> _Aim of the exercise_: Lines from the top of the entries down to the line with "(unit, _) ← read_word rest" must be set down exactly as they stand, with both ends retained.

> _Data for this task_:
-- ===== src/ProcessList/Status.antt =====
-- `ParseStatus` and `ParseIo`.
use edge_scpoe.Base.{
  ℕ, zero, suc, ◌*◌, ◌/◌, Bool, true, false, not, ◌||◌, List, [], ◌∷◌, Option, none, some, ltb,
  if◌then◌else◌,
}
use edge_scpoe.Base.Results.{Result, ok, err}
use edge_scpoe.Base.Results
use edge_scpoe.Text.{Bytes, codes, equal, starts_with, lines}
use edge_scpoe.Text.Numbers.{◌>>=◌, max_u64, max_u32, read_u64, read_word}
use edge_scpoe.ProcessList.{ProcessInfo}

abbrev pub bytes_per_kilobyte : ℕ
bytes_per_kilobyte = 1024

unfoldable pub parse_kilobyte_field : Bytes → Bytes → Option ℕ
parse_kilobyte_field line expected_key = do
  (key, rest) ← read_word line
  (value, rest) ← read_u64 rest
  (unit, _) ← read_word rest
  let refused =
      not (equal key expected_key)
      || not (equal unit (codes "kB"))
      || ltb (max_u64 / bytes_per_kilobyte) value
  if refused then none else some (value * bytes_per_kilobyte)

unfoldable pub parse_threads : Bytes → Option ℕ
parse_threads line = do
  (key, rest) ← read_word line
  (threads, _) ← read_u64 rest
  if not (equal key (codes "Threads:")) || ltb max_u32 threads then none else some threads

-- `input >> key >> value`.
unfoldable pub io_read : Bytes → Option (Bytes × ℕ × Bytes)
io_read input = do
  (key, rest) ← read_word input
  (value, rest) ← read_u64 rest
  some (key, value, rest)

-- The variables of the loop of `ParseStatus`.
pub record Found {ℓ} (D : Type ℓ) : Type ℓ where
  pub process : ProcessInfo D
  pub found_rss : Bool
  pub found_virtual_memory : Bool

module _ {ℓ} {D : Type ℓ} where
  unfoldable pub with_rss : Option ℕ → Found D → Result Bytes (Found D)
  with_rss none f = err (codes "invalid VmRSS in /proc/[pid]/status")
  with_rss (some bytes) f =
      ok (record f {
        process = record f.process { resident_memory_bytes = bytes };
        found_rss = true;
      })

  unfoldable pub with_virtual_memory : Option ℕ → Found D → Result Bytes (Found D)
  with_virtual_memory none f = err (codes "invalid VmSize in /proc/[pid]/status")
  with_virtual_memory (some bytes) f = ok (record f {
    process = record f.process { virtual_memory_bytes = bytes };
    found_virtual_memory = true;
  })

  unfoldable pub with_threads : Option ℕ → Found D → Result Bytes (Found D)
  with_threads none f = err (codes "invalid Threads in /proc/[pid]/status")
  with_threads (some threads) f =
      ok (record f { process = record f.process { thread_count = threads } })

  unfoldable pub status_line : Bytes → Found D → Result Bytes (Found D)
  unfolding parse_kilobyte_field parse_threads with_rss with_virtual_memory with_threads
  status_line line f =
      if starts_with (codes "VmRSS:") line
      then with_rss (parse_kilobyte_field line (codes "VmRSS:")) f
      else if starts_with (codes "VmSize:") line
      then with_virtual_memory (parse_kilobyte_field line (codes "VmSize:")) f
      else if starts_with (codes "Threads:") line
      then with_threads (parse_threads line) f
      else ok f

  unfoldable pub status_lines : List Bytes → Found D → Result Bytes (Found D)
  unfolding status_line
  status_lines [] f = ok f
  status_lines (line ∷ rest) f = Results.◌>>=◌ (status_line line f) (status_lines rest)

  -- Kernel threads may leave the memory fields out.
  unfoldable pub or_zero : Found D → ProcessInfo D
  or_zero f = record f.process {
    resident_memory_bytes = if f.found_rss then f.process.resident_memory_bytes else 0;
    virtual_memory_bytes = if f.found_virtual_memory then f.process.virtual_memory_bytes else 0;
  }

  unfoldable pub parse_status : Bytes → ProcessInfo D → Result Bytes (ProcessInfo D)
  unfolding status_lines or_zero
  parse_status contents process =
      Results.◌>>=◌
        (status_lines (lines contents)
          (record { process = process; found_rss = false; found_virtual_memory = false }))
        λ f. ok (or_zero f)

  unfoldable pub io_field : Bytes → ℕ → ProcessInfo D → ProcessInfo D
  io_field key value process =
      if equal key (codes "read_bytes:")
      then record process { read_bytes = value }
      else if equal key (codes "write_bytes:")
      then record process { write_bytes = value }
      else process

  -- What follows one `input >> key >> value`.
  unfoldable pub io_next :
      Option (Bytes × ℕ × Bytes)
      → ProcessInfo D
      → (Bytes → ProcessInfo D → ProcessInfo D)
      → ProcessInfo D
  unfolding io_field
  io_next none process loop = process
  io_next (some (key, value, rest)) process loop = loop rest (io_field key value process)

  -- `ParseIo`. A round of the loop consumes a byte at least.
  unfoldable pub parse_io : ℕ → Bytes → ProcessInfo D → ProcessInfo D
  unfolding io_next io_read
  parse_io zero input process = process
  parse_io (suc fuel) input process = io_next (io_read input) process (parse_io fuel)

> _Output of the exercise_:
-- ===== src/ProcessList/Status.antt =====
-- `ParseStatus` and `ParseIo`.
use edge_scpoe.Base.{
  ℕ, zero, suc, ◌*◌, ◌/◌, Bool, true, false, not, ◌||◌, List, [], ◌∷◌, Option, none, some, ltb,
  if◌then◌else◌,
}
use edge_scpoe.Base.Results.{Result, ok, err}
use edge_scpoe.Base.Results
use edge_scpoe.Text.{Bytes, codes, equal, starts_with, lines}
use edge_scpoe.Text.Numbers.{◌>>=◌, max_u64, max_u32, read_u64, read_word}
use edge_scpoe.ProcessList.{ProcessInfo}

abbrev pub bytes_per_kilobyte : ℕ
bytes_per_kilobyte = 1024

unfoldable pub parse_kilobyte_field : Bytes → Bytes → Option ℕ
parse_kilobyte_field line expected_key = do
  (key, rest) ← read_word line
  (value, rest) ← read_u64 rest
  (unit, _) ← read_word rest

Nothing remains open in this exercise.